Выбрать главу

Савва Тимофеевич в последний год болел, хотя как будто и не опасно. Был еще далеко не в том возрасте, когда чуть ли не главные мысли человека сосредоточиваются на починке разрушающегося понемногу тела. Врачей вообще не любил. Почти машинально называл их грабителями. Отлично знал, что они бедных часто лечат бесплатно и что было бы очень странно, если б они брали мало денег с богачей. Свое нездоровье он приписывал в значительной степени расстройству нервов: неврастения усиливала болезнь, болезнь усиливала неврастению. Теперь ему нужно было повидать трех докторов по разным специальностям, и ни один из них к нему на дом приехать не мог: у всех в кабинетах были сложные приспособления, особенно у терапевта, который умел по новому способу просвечивать людей при помощи не так давно открытых Рентгеном лучей. «Видит тело насквозь. Хорошо, что хоть души не просвечивает».

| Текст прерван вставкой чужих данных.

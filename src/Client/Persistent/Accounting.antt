-- ===== src/Client/Persistent/Accounting.antt =====
-- Connections and releases of the session of src/solem_blip_ble/client_persistent.py, and the attempts
-- that lose a connection.
use solem_blip_ble.Client.Attempt.{transient_raised}
use solem_blip_ble.Common.{◌||◌}
use solem_blip_ble.Common.{
  ℕ, suc, ◌+◌, ◌≡◌, refl, inl, inr, Bool, true, false, Option, none, some, List, [], ◌∷◌, arith,
  if◌then◌else◌, Option-cases, All,
}
use solem_blip_ble.Client.Attempt.{
  verdict, transient, deadline, other, Race, returned, cancelled, timed_out, raised, dropped,
  Attempt, End, deadline_exceeded, connections, disconnections,
}
use solem_blip_ble.Client.Stateless.Closing.{resumed-keeps}
use solem_blip_ble.Client.Stateless.{Step, stop, again, turn}
use solem_blip_ble.Client.Persistent.{
  Session, reset_session_state, schedule_background_disconnect, cancel_idle_task,
  schedule_idle_release, release_active, is_reused, prepared, connected, caught, after_race,
  on_connection, connect_failed, attempt, paused, attempts, run_operation,
}
use solem_blip_ble.Client.Persistent.Held.{if-keeps}

abbrev pub held : Option ℕ → ℕ
held none = 0
held (some client) = 1

-- Every connection of the trace has been released or is the one that is held.
unfoldable pub IsAccounted : Session → Type 0
IsAccounted s = connections s.trace ≡ held s.active_client + disconnections s.trace

-- Neither held nor lost.
unfoldable pub IsReleased : Session → Type 0
IsReleased s = (s.active_client ≡ none) × (connections s.trace ≡ disconnections s.trace)

unfoldable pub keeps_client : Race → Bool
keeps_client returned = false
keeps_client cancelled = false
keeps_client timed_out = false
keeps_client (dropped op_returned) = op_returned
keeps_client (raised verdict) = false
keeps_client (raised transient) = false
keeps_client (raised deadline) = true
keeps_client (raised other) = false

-- The deadline does not pass while the attempt connects or inside the operation, and the operation
-- does not return in the turn in which the link drops.
unfoldable pub IsClean : Attempt → Type 0
unfolding keeps_client
IsClean e = (e.expired_on_connect ≡ false) × (keeps_client e.race ≡ false)

unfoldable Balanced : Step → Session → Type 0
unfolding IsAccounted IsReleased
Balanced (stop end) s = IsAccounted s
Balanced again s = IsReleased s

PairBalanced : Step × Session → Type 0
unfolding Balanced
PairBalanced p = Balanced p.0 p.1

release-IsReleased : (s : Session) → IsAccounted s → IsReleased (release_active s)
unfolding IsReleased IsAccounted release_active reset_session_state schedule_background_disconnect
    disconnections connections
release-IsReleased s h = elim (Option-cases s.active_client) [
  | inl eq ↦ ground arith
  | inr (c, eq) ↦ ground arith
]

released-IsAccounted : (s : Session) → IsReleased s → IsAccounted s
unfolding IsReleased IsAccounted
released-IsAccounted s (h, b) = rw h (omega arith)

release-IsAccounted : (s : Session) → IsAccounted s → IsAccounted (release_active s)
release-IsAccounted s h = released-IsAccounted (release_active s) (release-IsReleased s h)

caught-Balanced :
    (retry_safe : Bool) (s : Session)
    → IsAccounted s
    → Balanced (caught retry_safe s).0 (caught retry_safe s).1
unfolding caught Balanced
caught-Balanced true s h = release-IsReleased s h
caught-Balanced false s h = release-IsAccounted s h

after_race-Balanced :
    (retry_safe : Bool) (race : Race) (s : Session)
    → keeps_client race ≡ false
    → IsAccounted s
    → Balanced (after_race retry_safe race s).0 (after_race retry_safe race s).1
unfolding after_race Balanced schedule_idle_release keeps_client IsAccounted
after_race-Balanced retry_safe returned s k h = h
after_race-Balanced retry_safe cancelled s k h = release-IsAccounted s h
after_race-Balanced retry_safe timed_out s k h = caught-Balanced retry_safe s h
after_race-Balanced retry_safe (dropped false) s k h = caught-Balanced retry_safe s h
after_race-Balanced retry_safe (dropped true) s k h = absurd (ground arith)
after_race-Balanced true (raised verdict) s k h = release-IsReleased s h
after_race-Balanced false (raised verdict) s k h = release-IsAccounted s h
after_race-Balanced retry_safe (raised transient) s k h = caught-Balanced retry_safe s h
after_race-Balanced retry_safe (raised deadline) s k h = absurd (ground arith)
after_race-Balanced retry_safe (raised other) s k h = release-IsAccounted s h

on_connection-Balanced :
    (retry_safe : Bool) (e : Attempt) (s : Session)
    → IsClean e
    → IsAccounted s
    → Balanced (on_connection retry_safe e s).0 (on_connection retry_safe e s).1
unfolding on_connection PairBalanced IsClean
on_connection-Balanced retry_safe e s (x, k) h =
    if-keeps PairBalanced e.expired_on_connect (stop deadline_exceeded, reset_session_state s)
      (after_race retry_safe e.race s) (λ y. absurd (ground arith))
      (λ y. after_race-Balanced retry_safe e.race s k h)

connect_failed-Balanced :
    (retry_safe : Bool) (s : Session)
    → IsReleased s
    → Balanced (connect_failed retry_safe s).0 (connect_failed retry_safe s).1
unfolding connect_failed Balanced IsAccounted IsReleased reset_session_state schedule_idle_release
connect_failed-Balanced true s (h, b) = omega arith
connect_failed-Balanced false s (h, b) = omega arith

connected-IsAccounted : (s : Session) → IsReleased s → IsAccounted (connected s)
unfolding IsAccounted IsReleased connected connections disconnections
connected-IsAccounted s (h, b) = ground arith

attempt-Balanced :
    (retry_safe : Bool) (e : Attempt) (s : Session)
    → IsClean e
    → IsAccounted s
    → Balanced (attempt retry_safe e s).0 (attempt retry_safe e s).1
unfolding attempt PairBalanced prepared IsAccounted
attempt-Balanced retry_safe e s k h =
    let released = release-IsReleased s h in
    if-keeps PairBalanced (is_reused e s)
      (on_connection retry_safe e (record s { link_dropped = false }))
      (if e.connects
        then on_connection retry_safe e (connected (prepared s))
        else connect_failed retry_safe (prepared s))
      (λ r. on_connection-Balanced retry_safe e (record s { link_dropped = false }) k h)
      (λ r.
        if-keeps PairBalanced e.connects (on_connection retry_safe e (connected (prepared s)))
          (connect_failed retry_safe (prepared s))
          (λ c.
            on_connection-Balanced retry_safe e (connected (prepared s)) k
              (connected-IsAccounted (prepared s) released))
          (λ c. connect_failed-Balanced retry_safe (prepared s) released))

turn-IsAccounted :
    (b : Bool) (expired : End × Session) (step : Step) (s : Session) (later : End × Session)
    → (b ≡ true → IsAccounted expired.1)
    → Balanced step s
    → (IsReleased s → IsAccounted later.1)
    → IsAccounted (turn b expired step s later).1
unfolding turn Balanced
turn-IsAccounted true expired step s later x h l = x refl
turn-IsAccounted false expired (stop end) s later x h l = h
turn-IsAccounted false expired again s later x h l = l h

paused-IsReleased :
    (expired last : Bool) (s : Session) → IsReleased s → IsReleased (paused expired last s)
unfolding IsReleased paused connections disconnections
paused-IsReleased expired last s (h, b) = ground arith

attempts-IsAccounted :
    (retry_safe : Bool) (es : List Attempt) (s : Session)
    → All IsClean es
    → IsReleased s
    → IsAccounted (attempts retry_safe es s).1
unfolding attempts IsAccounted IsReleased reset_session_state schedule_idle_release
attempts-IsAccounted retry_safe [] s k (h, b) = omega arith
attempts-IsAccounted retry_safe (e ∷ es) s (k, ks) h =
    let b = h.1 in
    turn-IsAccounted e.expired_before _ (attempt retry_safe e s).0 _ _ (λ x. omega arith)
      (attempt-Balanced retry_safe e s k (released-IsAccounted s h))
      (λ r.
        let last : Bool = elim es [ [] ↦ true | x ∷ t ↦ false ] in
        let s'' = paused e.expired_after last (attempt retry_safe e s).1 in
        let released = paused-IsReleased e.expired_after last (attempt retry_safe e s).1 r in
        resumed-keeps (λ t. IsAccounted t.1) e last s'' (attempts retry_safe es s'')
          (released-IsAccounted s'' released) (attempts-IsAccounted retry_safe es s'' ks released))

-- If the deadline is not over at the start and the three attempts are clean, an operation on a
-- session that accounts for its connections leaves one that does. A pause may be cancelled.
pub run_operation-IsAccounted :
    (mock retry_safe : Bool) (first second third : Attempt) (s : Session)
    → first.expired_before ≡ false
    → IsClean first
    → IsClean second
    → IsClean third
    → IsAccounted s
    → IsAccounted (run_operation mock retry_safe first second third s).1
unfolding run_operation attempts cancel_idle_task IsAccounted
run_operation-IsAccounted true retry_safe first second third s b k l m h = h
run_operation-IsAccounted false retry_safe first second third s b k l m h =
    turn-IsAccounted first.expired_before _ (attempt retry_safe first (cancel_idle_task s)).0 _ _
      (λ x. absurd (ground arith)) (attempt-Balanced retry_safe first (cancel_idle_task s) k h)
      (λ r.
        let s' = (attempt retry_safe first (cancel_idle_task s)).1 in
        let s'' = paused first.expired_after false s' in
        let released = paused-IsReleased first.expired_after false s' r in
        resumed-keeps (λ t. IsAccounted t.1) first false s''
          (attempts retry_safe (second ∷ third ∷ []) s'') (released-IsAccounted s'' released)
          (attempts-IsAccounted retry_safe (second ∷ third ∷ []) s'' (l, (m, tt)) released))

-- On a released session, if the deadline passes while the first attempt connects, the operation ends
-- with no client held and one more connection in the trace than disconnections.
pub run_operation_loses_client :
    (retry_safe : Bool) (first second third : Attempt) (s : Session)
    → IsReleased s
    → first.expired_before ≡ false
    → first.connects ≡ true
    → first.expired_on_connect ≡ true
    → ((run_operation false retry_safe first second third s).1.active_client ≡ none)
      × (connections (run_operation false retry_safe first second third s).1.trace
          ≡ suc (disconnections (run_operation false retry_safe first second third s).1.trace))
unfolding run_operation attempts turn attempt is_reused prepared connected on_connection
    release_active reset_session_state cancel_idle_task IsReleased connections disconnections
run_operation_loses_client retry_safe first second third s (n, h) b c x = ground arith

-- Where the first attempt has to connect and cannot, since no client is held or the one that is held
-- is stale, the operation raises: the deadline's exception if the deadline is over or a retry is safe,
-- and a connection error otherwise. It connects no more, and the later attempts have no influence.
pub run_operation_connects_once :
    (retry_safe : Bool) (first second third second' third' : Attempt) (s : Session)
    → is_reused first s ≡ false
    → first.connects ≡ false
    → ((run_operation false retry_safe first second third s).0
        ≡ (if first.expired_before || retry_safe then deadline_exceeded else transient_raised))
      × (connections (run_operation false retry_safe first second third s).1.trace
          ≡ connections s.trace)
      × (run_operation false retry_safe first second third s
          ≡ run_operation false retry_safe first second' third' s)
unfolding run_operation attempts turn attempt is_reused prepared connected connect_failed
    release_active reset_session_state schedule_background_disconnect cancel_idle_task connections
    schedule_idle_release
run_operation_connects_once retry_safe first second third second' third' s n c =
    elim (Option-cases s.active_client) [ inl eq ↦ ground arith | inr (client, eq) ↦ ground arith ]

Раз в неделю он ездил в Орехово-Зуевскую мануфактуру (в Москве ее называли несколько иначе, похоже и совершенно непристойно, но это относилось преимущественно к заводам Морозовых-«Викулычей»). Проводил там два дня, а то и три. В этот день ему уезжать не хотелось, был в особенно плохом настроении духа. «Хоть бы дождь пошел»… Савва Тимофеевич чувствовал себя бодрее в дурную погоду. В поезде он просмотрел газету, — скука. Подумал, что все редакторы газет, верно, либо циники либо очень незлобивые, благодушные люди: слишком много ерунды и пошлости каждый из них принимает и печатает, зная, что это ерунда и пошлость.

Постройки на его заводах, в отличие от других в городке, были новые, каменные, очень хорошие. Таковы были и дома, выстроенные им для рабочих с лекционными залами с театром, — другие фабриканты только пожимали плечами, а иногда в разговорах о нем многозначительно постукивали пальцем по лбу. На улицах все ему кланялись. Это было и приятно и нет: «Всё-таки кланяются больше моему богатству, чем мне. Если б у меня не было капиталов, кто бы я был? И люди перестали бы ко мне шляться, что было бы впрочем очень хорошо».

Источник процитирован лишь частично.